-- ===== src/Server/Threads/Pending.antt =====
-- What happens to the events that the polling threads of src/networkevent/SocketEventHandler.cpp
-- still have to handle, while others make their steps.
use eventplus.Prelude.{
  ℕ, ◌≡◌, ◌≢◌, refl, sym, ap, ◌∙◌, ◌⊎◌, inl, inr, true, false, List, [], ◌∷◌, some, ◌==◌,
  Bool-cases, ==_iff,
}
use eventplus.Common.Details.{Ptr, EventStore, Poller, listener, scheduled, client_poller}
use eventplus.Common.Os.{EpollEvent}
use eventplus.Server.State.{Server}
use eventplus.Server.Beside.{IsClient}
use eventplus.Server.Batch.{Apart}
use eventplus.Server.Total.{IsWorking}
use eventplus.Server.Threads.{same_poller, Names, Pending}

pub poller-cases :
    (a b : Poller) → ((a ≡ b) × (same_poller a b ≡ true)) ⊎ ((a ≢ b) × (same_poller a b ≡ false))
poller-cases listener listener = inl (refl, refl)
poller-cases listener client_poller = inr (λ e. cc, refl)
poller-cases listener (scheduled j) = inr (λ e. cc, refl)
poller-cases client_poller client_poller = inl (refl, refl)
poller-cases client_poller listener = inr (λ e. cc, refl)
poller-cases client_poller (scheduled j) = inr (λ e. cc, refl)
poller-cases (scheduled i) listener = inr (λ e. cc, refl)
poller-cases (scheduled i) client_poller = inr (λ e. cc, refl)
poller-cases (scheduled i) (scheduled j) = elim (Bool-cases (i == j)) [
  | inl h ↦ inl (ap scheduled ((==_iff i j).0 h), h)
  | inr h ↦ inr (λ e. let both = (==_iff i j).1 (cc) in cc, h)
]

module _ {W : Type 0} where
  -- Events stay what they are while the clients that they name stay.
  pub Pending-keeps :
      (who : Poller) (es : List EpollEvent) (s s' : Server W)
      → s'.event_store ≡ s.event_store
      → ((q : Ptr) (st : EventStore) → ¬ Apart q es → IsClient q st s → IsClient q st s')
      → Pending who es s
      → Pending who es s'
  Pending-keeps who [] s s' door keeps told = tt
  Pending-keeps who (e ∷ es) s s' door keeps (names, told) =
      (go who names, Pending-keeps who es s s' door (λ q st n. keeps q st (λ a. n a.1)) told)
    where
      go : (who : Poller) → Names who e es s → Names who e es s'
      go client_poller nobody = nobody
      go listener (p, there, is, stays) = (p, there, door ∙ is, stays)
      go (scheduled i) (p, st, there, is, watched, once) =
          (p, st, there, keeps p st (λ a. a.0 there) is, watched, once)

  -- A client whose event one thread handles is in no other thread's batch.
  pub Pending-Apart :
      (who : Poller) (es : List EpollEvent) (i : ℕ) (p : Ptr) (st : EventStore) (s : Server W)
      → IsWorking s
      → IsClient p st s
      → st.socket_event_handler ≡ some (scheduled i)
      → who ≢ scheduled i
      → Pending who es s
      → Apart p es
  Pending-Apart who [] i p st s v is watched other told = tt
  Pending-Apart who (e ∷ es) i p st s v is watched other (names, told) =
      (go who other names, Pending-Apart who es i p st s v is watched other told)
    where
      go : (who : Poller) → who ≢ scheduled i → Names who e es s → e.ptr ≢ some p
      go client_poller other nobody h = nobody
      go listener other (q, there, door, stays) h =
          v.owners.apart st.socket_id p is.1 (door ∙ sym there ∙ h)
      go (scheduled j) other (q, stq, there, is_q, watched_q, once) h =
          let same_ptr : q ≡ p = cc in
          let same_store : stq ≡ st = let live = rw same_ptr at is_q.0 in cc in
          other (let watch = rw same_store at watched_q in cc)

  -- The accepting thread is told of no client.
  pub Pending-door :
      (es : List EpollEvent) (q : Ptr) (s : Server W)
      → s.event_store ≢ some q
      → Pending listener es s
      → Apart q es
  Pending-door [] q s other told = tt
  Pending-door (e ∷ es) q s other ((p, there, door, stays), told) =
      (λ h. other (door ∙ sym there ∙ h), Pending-door es q s other told)

  pub Pending-nobody :
      (es : List EpollEvent) (s s' : Server W)
      → Pending client_poller es s
      → Pending client_poller es s'
  Pending-nobody [] s s' told = tt
  Pending-nobody (e ∷ es) s s' told = absurd told.0
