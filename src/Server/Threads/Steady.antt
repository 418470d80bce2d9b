-- ===== src/Server/Threads/Steady.antt =====
-- What every step of the threads of src/socket/server/TcpServerSocket.cpp and
-- src/networkevent/SocketEventHandler.cpp keeps, whoever makes it.
use eventplus.Prelude.{ℕ, ◌<◌, ◌≡◌, ◌≢◌, refl, sym, ap, ◌∙◌, inl, inr, ℤ, List, some, subst}
use eventplus.Common.Details.{
  Ptr, EventStore, Poller, listener, scheduled, client_poller, server_socket, io_worker,
}
use eventplus.Common.Os.{EpollEvent}
use eventplus.NetworkEvent.Turns.{Place}
use eventplus.Server.State.{Server, lookup}
use eventplus.Server.System.{own_handler}
use eventplus.Server.Beside.{IsClient, Beside}
use eventplus.Server.Batch.{Apart, own_handler-Beside}
use eventplus.Server.Door.{same_handlers, Admits}
use eventplus.Server.Total.{IsWorking}
use eventplus.Server.Threads.{System, move, batch, Pending}
use eventplus.Server.Threads.Pending.{
  poller-cases, Pending-keeps, Pending-Apart, Pending-door, Pending-nobody,
}

module _ {W : Type 0} where
  -- The threads hand what they are told of to the right objects.
  pub record IsWired (s : Server W) : Type 0 where
    pub to_door : (own_handler listener s).event_dispatcher ≡ some server_socket
    pub to_pool :
        (i : ℕ)
        → i < s.event_scheduler.num_threads
        → (own_handler (scheduled i) s).event_dispatcher ≡ some io_worker

  pub record IsSteady (x : System W) : Type 0 where
    pub working : IsWorking x.server
    pub wired : IsWired x.server
    pub pending : (who : Poller) → Pending who (batch (x.place who)) x.server

  -- The handlers of the threads stay what they are, and so does the listening store.
  abbrev pub SameHandlers : Server W → Server W → Type 0
  SameHandlers s s' =
      ((who : Poller) → own_handler who s' ≡ own_handler who s)
      × (s'.event_scheduler.num_threads ≡ s.event_scheduler.num_threads)
      × (s'.event_store ≡ s.event_store)

  pub IsWired-same : (s s' : Server W) → SameHandlers s s' → IsWired s → IsWired s'
  IsWired-same s s' (same, count, door) w = record {
    to_door = ap (λ h. h.event_dispatcher) (same listener) ∙ w.to_door;
    to_pool = λ i lt.
        ap (λ h. h.event_dispatcher) (same (scheduled i))
        ∙ w.to_pool i (subst (λ n. i < n) count lt);
  }

  -- A thread moves, and the events of all are still pending.
  pub moved :
      (who : Poller) (x : System W) (place : Place) (s' : Server W)
      → Pending who (batch place) s'
      → ((other : Poller) → who ≢ other → Pending other (batch (x.place other)) s')
      → (other : Poller) → Pending other (batch (move x.place who place other)) s'
  moved who x place s' own others other = elim (poller-cases who other) [
    | inl (e, t) ↦ rw t (subst (λ w. Pending w (batch place) s') e own)
    | inr (n, f) ↦ rw f (others other n)
  ]

  -- Time passes: the world is another.
  pub Pending-world :
      (who : Poller) (es : List EpollEvent) (s : Server W) (w : W)
      → Pending who es s
      → Pending who es (record s { world = w })
  Pending-world who es s w told =
      Pending-keeps who es s (record s { world = w }) refl (λ q st n is. is) told

  -- What a step of thread `who` from `s` leaves, with `es` still to be handled by it.
  abbrev pub After : Poller → List EpollEvent → System W → Server W → Type 0
  After who es x s' =
      IsWorking s'
      × SameHandlers x.server s'
      × Pending who es s'
      × ((other : Poller) → who ≢ other → Pending other (batch (x.place other)) s')

  -- Time passes outside.
  pub elsewhere :
      (who : Poller) (es : List EpollEvent) (x : System W) (w : W)
      → IsSteady x
      → Pending who es x.server
      → After who es x (record x.server { world = w })
  elsewhere who es x w v told = (
    record { owners = v.working.owners; threads = v.working.threads; handler = v.working.handler },
    (λ other. same_handlers other x.server (record x.server { world = w }) refl refl, refl, refl),
    Pending-world who es x.server w told,
    λ other n. Pending-world other (batch (x.place other)) x.server w (v.pending other),
  )

  pub Beside-After :
      (i : ℕ) (e : EpollEvent) (es : List EpollEvent) (p : Ptr) (st : EventStore) (x : System W)
      (s' : Server W)
      → IsSteady x
      → IsClient p st x.server
      → st.socket_event_handler ≡ some (scheduled i)
      → Apart p es
      → Pending (scheduled i) es x.server
      → Beside p x.server s'
      → IsWorking s'
      → After (scheduled i) es x s'
  Beside-After i e es p st x s' v is watched once told b good = (
    good,
    (
      λ who. own_handler-Beside who p x.server s' b,
      ap (λ t. t.num_threads) b.scheduled_threads,
      b.door,
    ),
    keeps (scheduled i) es once told,
    λ other n.
        keeps other (batch (x.place other))
          (Pending-Apart other _ i p st x.server v.working is watched (λ h. n (sym h))
            (v.pending other))
          (v.pending other),
  )
    where
      keeps :
          (who : Poller) (fs : List EpollEvent)
          → Apart p fs
          → Pending who fs x.server
          → Pending who fs s'
      keeps who fs apart =
          Pending-keeps who fs x.server s' b.door
            (λ q stq n. b.clients q stq (λ h. n (subst (λ r. Apart r fs) h apart)))

  pub Admits-After :
      (fd : ℤ) (es : List EpollEvent) (x : System W) (s' : Server W)
      → IsSteady x
      → ((q : Ptr)
          → lookup fd x.server.client_event_stores ≡ some q
          → (i : ℕ) → Apart q (batch (x.place (scheduled i))))
      → Pending listener es x.server
      → Admits fd x.server s'
      → IsWorking s'
      → After listener es x s'
  Admits-After fd es x s' v free told a good = (
    good,
    (a.handlers, a.count, a.door),
    keeps listener es (λ q l. Pending-door es q x.server (v.working.owners.apart fd q l) told) told,
    others,
  )
    where
      keeps :
          (who : Poller) (fs : List EpollEvent)
          → ((q : Ptr) → lookup fd x.server.client_event_stores ≡ some q → Apart q fs)
          → Pending who fs x.server
          → Pending who fs s'
      keeps who fs apart =
          Pending-keeps who fs x.server s' a.door (λ q stq n. a.clients q stq (λ l. n (apart q l)))

      others : (other : Poller) → listener ≢ other → Pending other (batch (x.place other)) s'
      others listener n = absurd (n refl)
      others client_poller n = Pending-nobody _ x.server s' (v.pending client_poller)
      others (scheduled i) n = keeps (scheduled i) _ (λ q l. free q l i) (v.pending (scheduled i))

Problem requirements: From the material above, set down exactly the lines starting at the one with "who place other)) s'" and ending at the one with "Pending-world who es s", end lines included.

Expected answer:
      → (other : Poller) → Pending other (batch (move x.place who place other)) s'
  moved who x place s' own others other = elim (poller-cases who other) [
    | inl (e, t) ↦ rw t (subst (λ w. Pending w (batch place) s') e own)
    | inr (n, f) ↦ rw f (others other n)
  ]

  -- Time passes: the world is another.
  pub Pending-world :
      (who : Poller) (es : List EpollEvent) (s : Server W) (w : W)
      → Pending who es s
      → Pending who es (record s { world = w })
  Pending-world who es s w told =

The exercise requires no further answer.